- _Provided data_
--------
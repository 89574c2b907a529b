-- ===== src/Lib.antt =====
-- compshare-agent: the assistant of a GPU cloud. A model proposes actions on a tenant's
-- instances; deterministic code decides what is run, after the user has confirmed it. This
-- library models that code: the engine that runs a confirmed action, the gates of a tool call,
-- the broker of confirmations, the resolver of proposals, the registry of instances, the rounds
-- of a turn, the pool of conversation engines and the rate limiter. A chat request leases an
-- engine from the pool; the limiter admits the turn and its tool calls; the turn runs in rounds,
-- in which the model may propose an action; the resolver checks the proposal; the action runs as
-- a workflow, whose confirmation gate waits on the broker until the user answers the form that
-- the gate offered.
--
-- Files, and the code they are about:
--   Prelude, Prelude/*: shared names, Boolean tests, lists over native numbers, values or errors.
--   Value: JSON-shaped `any` values (`map[string]any`, `[]any`).
--   Workflow/Types, Workflow/Form: internal/workflow/types.go. `Step`, `Definition`, `Context`,
--     `Result` and the editable form; `validate_overrides` is ConfirmForm.ValidateOverrides.
--   Workflow/Seal: internal/workflow/execution_seal.go; `verify_digest` is verifyDigest.
--   Workflow/Batch: internal/workflow/batch_call.go.
--   Workflow/Progress, ToolStep, BatchStep, Revalidate, ConfirmStep, Run:
--     internal/workflow/engine.go, one definition for each method of Engine and each closure in it.
--     `Progress` is the state of one run: the context, its seal, the result, the emitted events and
--     the upstream calls (newest first). `Env` is what the engine is wired to: the executor, the
--     confirmation callbacks, the clock and the cancellation, over a state of their own, so that a
--     theorem for every `Env` is one for every behaviour of the user and of the cloud.
--   Workflow/Contract: internal/workflow/execution_contract.go and Check of
--     internal/security/levels.go, with its theorem.
--   Workflow/SealedCalls, Polling, Stops, Failures, Form/Validation, Batch/RoundTrip: theorems.
--   AgentRuntime: internal/agentruntime/runtime.go, the rounds of a turn. Protocol, Answers: theorems.
--   Actions/Types, Catalogs, Codecs, Judge, Resolve: internal/actionresolver, from the proposal of an
--     action to its arguments or problems; `resolve` is Resolver.Resolve. The zone catalog is that of
--     internal/deployment/zone_catalog.go. Slots, Grouping, Clean, Grounded, Supplied, Ready, OnlyValues,
--     Intake, Preview:
--     theorems.
--   Entities/Snapshot, Registry, Verify, Resolve: internal/entity, the registry of the account's
--     instances, and what is answered from it. Listing, Tracking, Verdicts, Decided, Names, Indexed,
--     Exact: theorems.
--   Display: internal/readprojection/truncate.go and internal/engine/instance_truncate.go, what is shown
--     of a long listing. Order, Top, Rows: theorems.
--   Broker: internal/httpapi/confirm_broker.go, with channels in a store. Sound, Safety, Claims, Outcome:
--     theorems.
--   AgentPool: internal/agentpool/pool.go, with entries in a store. Entries, Evictions, Leasing,
--     Leases, Capacity: theorems.
--   SafeTool, SafeTool/Types, SafeTool/Params: internal/tools/safe_executor.go, with the policy type
--     of internal/tools/policies.go. `execute_safe` is ExecuteSafe up to the raw result. Gates,
--     Attempts, Params/Filter, Params/Caps: theorems.
--   SafeTool/Policies: internal/security/levels.go and policyForAction of internal/tools/policies.go.
--     Policies/Writes: theorems.
--   SafeTool/Results: what ExecuteSafe does with a result. Results/Redaction: theorems.
--   RateLimit: internal/governance/ratelimit.go. Spending, Bounds, Daily, Retry: theorems.
--   Examples, in each component: tests and concrete inputs.
--
-- Bounds and fuel: the polling loop has `timeout / interval + 2` rounds, enough when the clock
-- advances by the interval over a wait; the confirmation loop recurs on the edits still allowed
-- (maxConfirmEdits = 3), the retry loop on the retries left, the turn on the rounds left; the
-- eviction loops have as many rounds as the map has entries.
--
-- Not modelled: the concrete workflows, the registry of tools, the deduplication of tags in a
-- result, model calls, transports, storage and rendering. The lookup of a backend zone, which a
-- few tool calls need, is a parameter of the gates, and an upstream error carries its classes.
-- Deep copies are the identity, since values are immutable here. The digest of params (JSON and
-- SHA-256) is a parameter, and so are, for the resolver and the registry, floating-point
-- numbers, functions of Go's `strings`, `unicode` and `fmt` packages, and the lookup of an
-- image. Where Go ranges over a map, the model takes the order of first insertion. Hooks of a
-- step may write the exported fields of the context but not its seal, as in Go. Error texts and
-- user sentences are kept by their format. Tokens of the limiter are exact, in billionths; times
-- are in nanoseconds; a limit that is not positive is 0; the local date is that of a fixed
-- offset. Mutexes make an operation one step.
pub mod Prelude
pub mod Value
pub mod AgentRuntime
pub mod Actions
pub mod Entities
pub mod Display
pub mod Workflow
pub mod RateLimit
pub mod Broker
pub mod AgentPool
pub mod SafeTool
--------
- _Aim of the exercise_
Take the first line of the material above as the start and the line that contains "-- in which" as the end. Output only that span, every line exactly as it stands.

- _Output of the exercise_
repository 89574c2b907a529b
-- ===== src/Lib.antt =====
-- compshare-agent: the assistant of a GPU cloud. A model proposes actions on a tenant's
-- instances; deterministic code decides what is run, after the user has confirmed it. This
-- library models that code: the engine that runs a confirmed action, the gates of a tool call,
-- the broker of confirmations, the resolver of proposals, the registry of instances, the rounds
-- of a turn, the pool of conversation engines and the rate limiter. A chat request leases an
-- engine from the pool; the limiter admits the turn and its tool calls; the turn runs in rounds,
-- in which the model may propose an action; the resolver checks the proposal; the action runs as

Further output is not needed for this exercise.